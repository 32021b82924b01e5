-- ===== src/Store.antt =====
-- internal/store/store.go: the state that survives a restart, over a primary backend that may fail and
-- a fallback in memory. The backends are in `Interface` and `Memory`.
pub mod Interface
pub mod Memory
pub mod Guards
pub mod Alone
pub mod Reviews
pub mod Outage
pub mod Exact
pub mod Rates
mod Examples
use frigate_notifications.Prelude.{
  ℕ, zero, suc, ◌+◌, ◌*◌, Bool, true, false, ◌&&◌, Option, none, some, List, [], ◌∷◌, ◌++◌, Text,
  lit, text_eq, is_empty, any, ltb, if◌then◌else◌, Result, ok, err, not,
}
use frigate_notifications.Prelude.Int.{ℤ, pos, negsuc}
use frigate_notifications.Clock.{second, minute, hour, Time, unix, hour_stamp}
use Interface.{Backend, Codec}
use Memory.{Mem, mem_backend}

pub record Delivery : Type 0 where
  pub recipient : Text
  pub target : ℕ
  pub ref : Text
  pub tag : Text

pub record ReviewState : Type 0 where
  pub rule_index : ℕ
  pub rule_name : Text
  pub tag : Text
  pub deliveries : List Delivery
  pub critical : Bool
  pub event_id : Text
  pub payload : Text

-- The loop of `Recipients`: the first delivery to each recipient counts.
unfoldable pub recipients_from : List Text → List Delivery → List Text
recipients_from seen [] = []
recipients_from seen (d ∷ rest) =
    let later = recipients_from seen rest in
    let new = d.recipient ∷ recipients_from (d.recipient ∷ seen) rest in
    if any (text_eq d.recipient) seen then later else new

unfoldable pub recipients : ReviewState → List Text
unfolding recipients_from
recipients s = recipients_from [] s.deliveries

pub record DigestEntry : Type 0 where
  pub count : ℕ
  pub since : ℕ

pub record Codecs : Type 0 where
  pub int : Codec ℕ
  pub review_state : Codec ReviewState
  pub digest : Codec DigestEntry

-- The keys, one prefix to each kind.
unfoldable pub seen_key : Text → Text → Text
seen_key review_id phase = lit "fn:seen:" ++ (review_id ++ (lit ":" ++ phase))

unfoldable pub cooldown_key : Text → Text
cooldown_key scope = lit "fn:cooldown:" ++ scope

unfoldable pub review_key : Text → Text
review_key review_id = lit "fn:review:" ++ review_id

unfoldable pub event_key : Text → Text
event_key event_id = lit "fn:event:" ++ event_id

unfoldable pub rate_key : Text → Text → Text
rate_key recipient stamp = lit "fn:rate:" ++ (recipient ++ (lit ":" ++ stamp))

unfoldable pub digest_key : Text → Text → Text
digest_key recipient camera = lit "fn:digest:" ++ (recipient ++ (lit ":" ++ camera))

unfoldable pub desc_key : Text → Text
desc_key event_id = lit "fn:desc:" ++ event_id

abbrev pub review_ttl : ℕ
review_ttl = 6 * hour

-- The primary, if one is configured, with its state; the fallback; and how often the metric
-- StoreFallback was counted.
pub record Store (P : Type 0) : Type 0 where
  pub primary : Option P
  pub fallback : Mem
  pub fallbacks : ℕ

-- The function that `do` runs on a backend: its captured variables and the backend's state in and out,
-- and whether it returned no error.
abbrev pub Op : Type 0 → Type 1
Op C = (B : Type 0) → Backend B → C → B → Bool × C × B

module _ {P : Type 0} (pb : Backend P) (cs : Codecs) where
  on_fallback : {C : Type 0} → Op C → C → Store P → C × Store P
  on_fallback op c s =
      let (done, c', m) = op Mem (mem_backend cs.int) c s.fallback in
      (c', record s { fallback = m })

  -- What the primary's attempt wrote to the captured variables before it failed, the fallback finds.
  unfoldable pub run : {C : Type 0} → Op C → C → Store P → C × Store P
  unfolding on_fallback
  run op c s = elim s.primary [
    | none ↦ on_fallback op c s
    | some p ↦
        let (done, c', p') = op P pb c p in
        let failed : Store P = record s { primary = some p'; fallbacks = suc s.fallbacks } in
        if done then (c', record s { primary = some p' }) else on_fallback op c' failed
  ]

abbrev pub set_nx_op : Text → ℕ → ℕ → Op Bool
set_nx_op key ttl now B b first st =
    let (r, st') = b.set_nx key (lit "1") ttl now st in
    elim r [ ok fresh ↦ (true, fresh, st') | err ↦ (false, first, st') ]

abbrev pub get_op : Text → ℕ → Op (Option Text)
get_op key now B b v st =
    let (r, st') = b.get key now st in
    elim r [ ok found ↦ (true, found, st') | err ↦ (false, none, st') ]

abbrev pub set_op : Text → Text → ℕ → ℕ → Op (Unit {0})
set_op key val ttl now B b c st =
    let (r, st') = b.set key val ttl now st in
    elim r [ ok _ ↦ (true, tt, st') | err ↦ (false, tt, st') ]

abbrev pub del_op : Text → ℕ → Op (Unit {0})
del_op key now B b c st =
    let (r, st') = b.del key now st in elim r [ ok _ ↦ (true, tt, st') | err ↦ (false, tt, st') ]

abbrev pub incr_op : Text → ℕ → ℕ → Op ℕ
incr_op key ttl now B b n st =
    let (r, st') = b.incr key ttl now st in elim r [ ok v ↦ (true, v, st') | err ↦ (false, n, st') ]

-- A review that does not decode is an error of the backend that holds it.
abbrev pub load_op : Codec ReviewState → Text → ℕ → Op (Option ReviewState)
load_op codec key now B b st s =
    let (r, s') = b.get key now s in
    elim r [
      | err ↦ (false, st, s')
      | ok none ↦ (true, none, s')
      | ok (some raw) ↦ elim (codec.decode raw) [
        | none ↦ (false, st, s')
        | some v ↦ (true, some v, s')
      ]
    ]

abbrev merge : DigestEntry → Option DigestEntry → DigestEntry
merge entry none = entry
merge entry (some prev) =
    if ltb 0 prev.since then record { count = prev.count; since = prev.since } else entry

abbrev previous : Codec DigestEntry → DigestEntry → Option Text → DigestEntry
previous codec entry none = entry
previous codec entry (some raw) = merge entry (codec.decode raw)

abbrev bump : DigestEntry → DigestEntry
bump e = record e { count = suc e.count }

abbrev digest_put :
    Codec DigestEntry
    → Text
    → ℕ
    → (B : Type 0) → Backend B
    → DigestEntry
    → B
    → Bool × DigestEntry × B
digest_put codec key now B b entry st =
    let (r, st') = b.set key (codec.encode entry) (2 * hour) now st in
    elim r [ ok _ ↦ (true, entry, st') | err ↦ (false, entry, st') ]

abbrev pub digest_op : Codec DigestEntry → Text → ℕ → Op DigestEntry
digest_op codec key now B b entry st =
    let (r, st') = b.get key now st in
    elim r [
      | err ↦ (false, entry, st')
      | ok found ↦ digest_put codec key now B b (bump (previous codec entry found)) st'
    ]

module _ {P : Type 0} (pb : Backend P) (cs : Codecs) where
  unfoldable pub store_set_nx : Text → ℕ → ℕ → Store P → Bool × Store P
  store_set_nx key ttl now s = run pb cs (set_nx_op key ttl now) true s

  unfoldable pub store_get : Text → ℕ → Store P → Option Text × Store P
  store_get key now s = run pb cs (get_op key now) none s

  unfoldable pub store_set : Text → Text → ℕ → ℕ → Store P → Store P
  store_set key val ttl now s = (run pb cs (set_op key val ttl now) tt s).1

  unfoldable pub first_delivery : Text → Text → ℕ → Store P → Bool × Store P
  unfolding store_set_nx
  first_delivery review_id phase now s = store_set_nx (seen_key review_id phase) (10 * minute) now s

  unfoldable pub acquire_cooldown : Text → ℤ → ℕ → Store P → Bool × Store P
  unfolding store_set_nx
  acquire_cooldown scope (pos (suc ttl)) now s = store_set_nx (cooldown_key scope) (suc ttl) now s
  acquire_cooldown scope (pos zero) now s = (true, s)
  acquire_cooldown scope (negsuc ttl) now s = (true, s)

  unfoldable pub release_cooldown : Text → ℕ → Store P → Store P
  release_cooldown scope now s = (run pb cs (del_op (cooldown_key scope) now) tt s).1

  unfoldable pub save_event : Text → Text → ℕ → Store P → Store P
  save_event [] review_id now s = s
  save_event (c ∷ event_id) review_id now s =
      store_set (event_key (c ∷ event_id)) review_id review_ttl now s

  unfoldable pub save_review : Text → ReviewState → ℕ → Store P → Store P
  save_review review_id st now s =
      save_event st.event_id review_id now
        (store_set (review_key review_id) (cs.review_state.encode st) review_ttl now s)

  unfoldable pub load_review : Text → ℕ → Store P → Option ReviewState × Store P
  load_review review_id now s =
      run pb cs (load_op cs.review_state (review_key review_id) now) none s

  found_review : Option Text → ℕ → Store P → Option (Text × ReviewState) × Store P
  found_review none now s = (none, s)
  found_review (some review_id) now s =
      let (st, s') = load_review review_id now s in
      elim st [ none ↦ (none, s') | some v ↦ (some (review_id, v), s') ]

  unfoldable pub load_review_by_event : Text → ℕ → Store P → Option (Text × ReviewState) × Store P
  unfolding found_review
  load_review_by_event event_id now s =
      let (review_id, s') = store_get (event_key event_id) now s in found_review review_id now s'

  unfoldable pub count_for_hour : Text → Time → Store P → ℕ × Store P
  count_for_hour recipient now s =
      run pb cs (incr_op (rate_key recipient (hour_stamp now)) (2 * hour) now.instant) 0 s

  unfoldable pub add_to_digest : Text → Text → Time → Store P → DigestEntry × Store P
  add_to_digest recipient camera now s =
      run pb cs (digest_op cs.digest (digest_key recipient camera) now.instant)
        (record { count = 0; since = unix now }) s

  unfoldable pub clear_digest : Text → Text → ℕ → Store P → Store P
  clear_digest recipient camera now s =
      (run pb cs (del_op (digest_key recipient camera) now) tt s).1

  unfoldable pub set_description : Text → Text → ℕ → Store P → Store P
  unfolding store_set
  set_description event_id desc now s = store_set (desc_key event_id) desc hour now s

  or_empty : Option Text → Text
  or_empty none = []
  or_empty (some v) = v

  unfoldable pub description : Text → ℕ → Store P → Text × Store P
  unfolding store_get or_empty
  description event_id now s = let (v, s') = store_get (desc_key event_id) now s in (or_empty v, s')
:::::
Output all lines from the beginning of the data up to the line holding "pub mod Outage", that line included, exactly as written.

repository 32021b82924b01e5
-- ===== src/Store.antt =====
-- internal/store/store.go: the state that survives a restart, over a primary backend that may fail and
-- a fallback in memory. The backends are in `Interface` and `Memory`.
pub mod Interface
pub mod Memory
pub mod Guards
pub mod Alone
pub mod Reviews
pub mod Outage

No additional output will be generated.